### TASK BRIEF
Make a verbatim copy of all the records.

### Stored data
════════════════════

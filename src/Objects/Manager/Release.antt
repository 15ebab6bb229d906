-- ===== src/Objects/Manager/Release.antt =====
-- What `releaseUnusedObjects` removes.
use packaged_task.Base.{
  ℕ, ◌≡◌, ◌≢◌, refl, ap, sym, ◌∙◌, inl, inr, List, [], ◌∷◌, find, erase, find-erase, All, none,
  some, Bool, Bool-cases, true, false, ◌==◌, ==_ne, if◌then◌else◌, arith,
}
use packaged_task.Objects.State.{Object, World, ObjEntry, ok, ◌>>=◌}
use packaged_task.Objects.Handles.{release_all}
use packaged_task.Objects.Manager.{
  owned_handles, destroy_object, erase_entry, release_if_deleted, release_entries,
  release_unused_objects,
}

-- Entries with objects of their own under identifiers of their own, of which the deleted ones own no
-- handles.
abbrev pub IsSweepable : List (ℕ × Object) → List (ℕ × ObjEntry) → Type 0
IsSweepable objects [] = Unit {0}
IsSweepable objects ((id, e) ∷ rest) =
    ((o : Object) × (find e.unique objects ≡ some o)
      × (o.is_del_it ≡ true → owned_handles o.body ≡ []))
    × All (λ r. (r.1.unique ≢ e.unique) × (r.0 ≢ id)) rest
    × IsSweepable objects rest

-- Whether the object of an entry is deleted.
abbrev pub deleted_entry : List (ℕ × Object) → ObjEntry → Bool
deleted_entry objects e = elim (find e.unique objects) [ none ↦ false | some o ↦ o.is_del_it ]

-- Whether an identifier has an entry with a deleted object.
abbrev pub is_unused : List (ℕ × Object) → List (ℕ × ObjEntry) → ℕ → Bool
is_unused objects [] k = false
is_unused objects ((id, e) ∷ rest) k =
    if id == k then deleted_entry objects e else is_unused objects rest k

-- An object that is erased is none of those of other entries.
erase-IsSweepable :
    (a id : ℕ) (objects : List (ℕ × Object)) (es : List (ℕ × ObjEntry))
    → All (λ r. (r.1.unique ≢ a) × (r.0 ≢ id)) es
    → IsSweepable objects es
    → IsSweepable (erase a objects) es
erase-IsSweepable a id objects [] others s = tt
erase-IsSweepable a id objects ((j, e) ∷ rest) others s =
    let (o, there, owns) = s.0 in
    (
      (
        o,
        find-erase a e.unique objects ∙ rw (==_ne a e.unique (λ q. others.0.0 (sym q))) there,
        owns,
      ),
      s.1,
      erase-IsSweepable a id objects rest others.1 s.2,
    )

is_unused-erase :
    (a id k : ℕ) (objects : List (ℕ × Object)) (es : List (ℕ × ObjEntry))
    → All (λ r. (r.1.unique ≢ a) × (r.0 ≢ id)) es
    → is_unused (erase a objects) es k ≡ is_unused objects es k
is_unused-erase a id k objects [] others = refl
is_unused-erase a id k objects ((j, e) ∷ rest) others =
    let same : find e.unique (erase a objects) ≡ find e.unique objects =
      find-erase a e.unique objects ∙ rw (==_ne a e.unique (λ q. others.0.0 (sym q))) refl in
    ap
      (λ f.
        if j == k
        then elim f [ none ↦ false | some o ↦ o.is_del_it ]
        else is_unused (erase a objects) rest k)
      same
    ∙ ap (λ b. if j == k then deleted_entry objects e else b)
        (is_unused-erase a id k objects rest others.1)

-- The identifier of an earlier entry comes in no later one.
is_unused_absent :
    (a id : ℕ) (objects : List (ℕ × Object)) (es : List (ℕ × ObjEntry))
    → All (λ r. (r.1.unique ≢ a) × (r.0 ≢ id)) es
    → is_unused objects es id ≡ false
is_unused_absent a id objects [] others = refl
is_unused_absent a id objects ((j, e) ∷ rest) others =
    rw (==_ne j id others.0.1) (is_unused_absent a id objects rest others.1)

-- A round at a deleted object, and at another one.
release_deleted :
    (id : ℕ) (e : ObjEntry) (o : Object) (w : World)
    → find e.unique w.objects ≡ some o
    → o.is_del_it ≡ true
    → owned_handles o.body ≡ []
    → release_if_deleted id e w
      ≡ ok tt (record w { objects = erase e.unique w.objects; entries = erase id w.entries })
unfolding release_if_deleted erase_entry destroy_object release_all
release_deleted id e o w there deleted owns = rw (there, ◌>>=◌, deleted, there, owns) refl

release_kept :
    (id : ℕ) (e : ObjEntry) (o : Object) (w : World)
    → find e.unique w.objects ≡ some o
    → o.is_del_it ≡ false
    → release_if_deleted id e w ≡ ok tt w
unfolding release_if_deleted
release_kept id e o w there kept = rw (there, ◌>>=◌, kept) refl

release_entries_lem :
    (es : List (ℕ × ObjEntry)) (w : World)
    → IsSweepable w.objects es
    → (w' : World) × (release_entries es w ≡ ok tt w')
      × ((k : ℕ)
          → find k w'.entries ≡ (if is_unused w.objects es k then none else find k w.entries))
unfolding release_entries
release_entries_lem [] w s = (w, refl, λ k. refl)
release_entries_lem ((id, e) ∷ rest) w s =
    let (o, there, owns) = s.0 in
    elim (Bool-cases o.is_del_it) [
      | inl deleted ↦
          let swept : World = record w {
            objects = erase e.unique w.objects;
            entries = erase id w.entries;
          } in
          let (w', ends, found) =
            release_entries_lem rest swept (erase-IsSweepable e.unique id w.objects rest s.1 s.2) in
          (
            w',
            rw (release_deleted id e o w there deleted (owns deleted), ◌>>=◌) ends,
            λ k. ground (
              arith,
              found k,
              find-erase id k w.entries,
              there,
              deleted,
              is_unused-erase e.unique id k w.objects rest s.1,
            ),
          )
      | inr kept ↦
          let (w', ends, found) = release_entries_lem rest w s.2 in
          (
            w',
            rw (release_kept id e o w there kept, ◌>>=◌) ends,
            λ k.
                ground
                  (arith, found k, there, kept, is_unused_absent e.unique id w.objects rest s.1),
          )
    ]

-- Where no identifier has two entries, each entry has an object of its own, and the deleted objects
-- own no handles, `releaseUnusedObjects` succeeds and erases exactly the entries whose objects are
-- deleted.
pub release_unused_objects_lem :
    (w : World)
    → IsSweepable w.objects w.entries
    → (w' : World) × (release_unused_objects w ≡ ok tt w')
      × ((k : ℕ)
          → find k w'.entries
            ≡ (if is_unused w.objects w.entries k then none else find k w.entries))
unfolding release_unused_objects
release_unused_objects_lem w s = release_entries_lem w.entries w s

════════════════════

### RESPONSE
filename src/Objects/Manager/Release.antt
repository 15ebab6bb229d906
-- ===== src/Objects/Manager/Release.antt =====
-- What `releaseUnusedObjects` removes.
use packaged_task.Base.{
  ℕ, ◌≡◌, ◌≢◌, refl, ap, sym, ◌∙◌, inl, inr, List, [], ◌∷◌, find, erase, find-erase, All, none,
  some, Bool, Bool-cases, true, false, ◌==◌, ==_ne, if◌then◌else◌, arith,
}
use packaged_task.Objects.State.{Object, World, ObjEntry, ok, ◌>>=◌}
use packaged_task.Objects.Handles.{release_all}
use packaged_task.Objects.Manager.{
  owned_handles, destroy_object, erase_entry, release_if_deleted, release_entries,
  release_unused_objects,
}

-- Entries with objects of their own under identifiers of their own, of which the deleted ones own no
-- handles.
abbrev pub IsSweepable : List (ℕ × Object) → List (ℕ × ObjEntry) → Type 0
IsSweepable objects [] = Unit {0}
IsSweepable objects ((id, e) ∷ rest) =
    ((o : Object) × (find e.unique objects ≡ some o)
      × (o.is_del_it ≡ true → owned_handles o.body ≡ []))
    × All (λ r. (r.1.unique ≢ e.unique) × (r.0 ≢ id)) rest
    × IsSweepable objects rest

-- Whether the object of an entry is deleted.
abbrev pub deleted_entry : List (ℕ × Object) → ObjEntry → Bool
deleted_entry objects e = elim (find e.unique objects) [ none ↦ false | some o ↦ o.is_del_it ]

-- Whether an identifier has an entry with a deleted object.
abbrev pub is_unused : List (ℕ × Object) → List (ℕ × ObjEntry) → ℕ → Bool
is_unused objects [] k = false
is_unused objects ((id, e) ∷ rest) k =
    if id == k then deleted_entry objects e else is_unused objects rest k

-- An object that is erased is none of those of other entries.
erase-IsSweepable :
    (a id : ℕ) (objects : List (ℕ × Object)) (es : List (ℕ × ObjEntry))
    → All (λ r. (r.1.unique ≢ a) × (r.0 ≢ id)) es
    → IsSweepable objects es
    → IsSweepable (erase a objects) es
erase-IsSweepable a id objects [] others s = tt
erase-IsSweepable a id objects ((j, e) ∷ rest) others s =
    let (o, there, owns) = s.0 in
    (
      (
        o,
        find-erase a e.unique objects ∙ rw (==_ne a e.unique (λ q. others.0.0 (sym q))) there,
        owns,
      ),
      s.1,
      erase-IsSweepable a id objects rest others.1 s.2,
    )

is_unused-erase :
    (a id k : ℕ) (objects : List (ℕ × Object)) (es : List (ℕ × ObjEntry))
    → All (λ r. (r.1.unique ≢ a) × (r.0 ≢ id)) es
    → is_unused (erase a objects) es k ≡ is_unused objects es k
is_unused-erase a id k objects [] others = refl
is_unused-erase a id k objects ((j, e) ∷ rest) others =
    let same : find e.unique (erase a objects) ≡ find e.unique objects =
      find-erase a e.unique objects ∙ rw (==_ne a e.unique (λ q. others.0.0 (sym q))) refl in
    ap
      (λ f.
        if j == k
        then elim f [ none ↦ false | some o ↦ o.is_del_it ]
        else is_unused (erase a objects) rest k)
      same
    ∙ ap (λ b. if j == k then deleted_entry objects e else b)
        (is_unused-erase a id k objects rest others.1)

-- The identifier of an earlier entry comes in no later one.
is_unused_absent :
    (a id : ℕ) (objects : List (ℕ × Object)) (es : List (ℕ × ObjEntry))
    → All (λ r. (r.1.unique ≢ a) × (r.0 ≢ id)) es
    → is_unused objects es id ≡ false
is_unused_absent a id objects [] others = refl
is_unused_absent a id objects ((j, e) ∷ rest) others =
    rw (==_ne j id others.0.1) (is_unused_absent a id objects rest others.1)

-- A round at a deleted object, and at another one.
release_deleted :
    (id : ℕ) (e : ObjEntry) (o : Object) (w : World)
    → find e.unique w.objects ≡ some o
    → o.is_del_it ≡ true
    → owned_handles o.body ≡ []
    → release_if_deleted id e w
      ≡ ok tt (record w { objects = erase e.unique w.objects; entries = erase id w.entries })
unfolding release_if_deleted erase_entry destroy_object release_all
release_deleted id e o w there deleted owns = rw (there, ◌>>=◌, deleted, there, owns) refl

release_kept :
    (id : ℕ) (e : ObjEntry) (o : Object) (w : World)
    → find e.unique w.objects ≡ some o
    → o.is_del_it ≡ false
    → release_if_deleted id e w ≡ ok tt w
unfolding release_if_deleted
release_kept id e o w there kept = rw (there, ◌>>=◌, kept) refl

release_entries_lem :
    (es : List (ℕ × ObjEntry)) (w : World)
    → IsSweepable w.objects es
    → (w' : World) × (release_entries es w ≡ ok tt w')
      × ((k : ℕ)
          → find k w'.entries ≡ (if is_unused w.objects es k then none else find k w.entries))
unfolding release_entries
release_entries_lem [] w s = (w, refl, λ k. refl)
release_entries_lem ((id, e) ∷ rest) w s =
    let (o, there, owns) = s.0 in
    elim (Bool-cases o.is_del_it) [
      | inl deleted ↦
          let swept : World = record w {
            objects = erase e.unique w.objects;
            entries = erase id w.entries;
          } in
          let (w', ends, found) =
            release_entries_lem rest swept (erase-IsSweepable e.unique id w.objects rest s.1 s.2) in
          (
            w',
            rw (release_deleted id e o w there deleted (owns deleted), ◌>>=◌) ends,
            λ k. ground (
              arith,
              found k,
              find-erase id k w.entries,
              there,
              deleted,
              is_unused-erase e.unique id k w.objects rest s.1,
            ),
          )
      | inr kept ↦
          let (w', ends, found) = release_entries_lem rest w s.2 in
          (
            w',
            rw (release_kept id e o w there kept, ◌>>=◌) ends,
            λ k.
                ground
                  (arith, found k, there, kept, is_unused_absent e.unique id w.objects rest s.1),
          )
    ]

-- Where no identifier has two entries, each entry has an object of its own, and the deleted objects
-- own no handles, `releaseUnusedObjects` succeeds and erases exactly the entries whose objects are
-- deleted.
pub release_unused_objects_lem :
    (w : World)
    → IsSweepable w.objects w.entries
    → (w' : World) × (release_unused_objects w ≡ ok tt w')
      × ((k : ℕ)
          → find k w'.entries
            ≡ (if is_unused w.objects w.entries k then none else find k w.entries))
unfolding release_unused_objects
release_unused_objects_lem w s = release_entries_lem w.entries w s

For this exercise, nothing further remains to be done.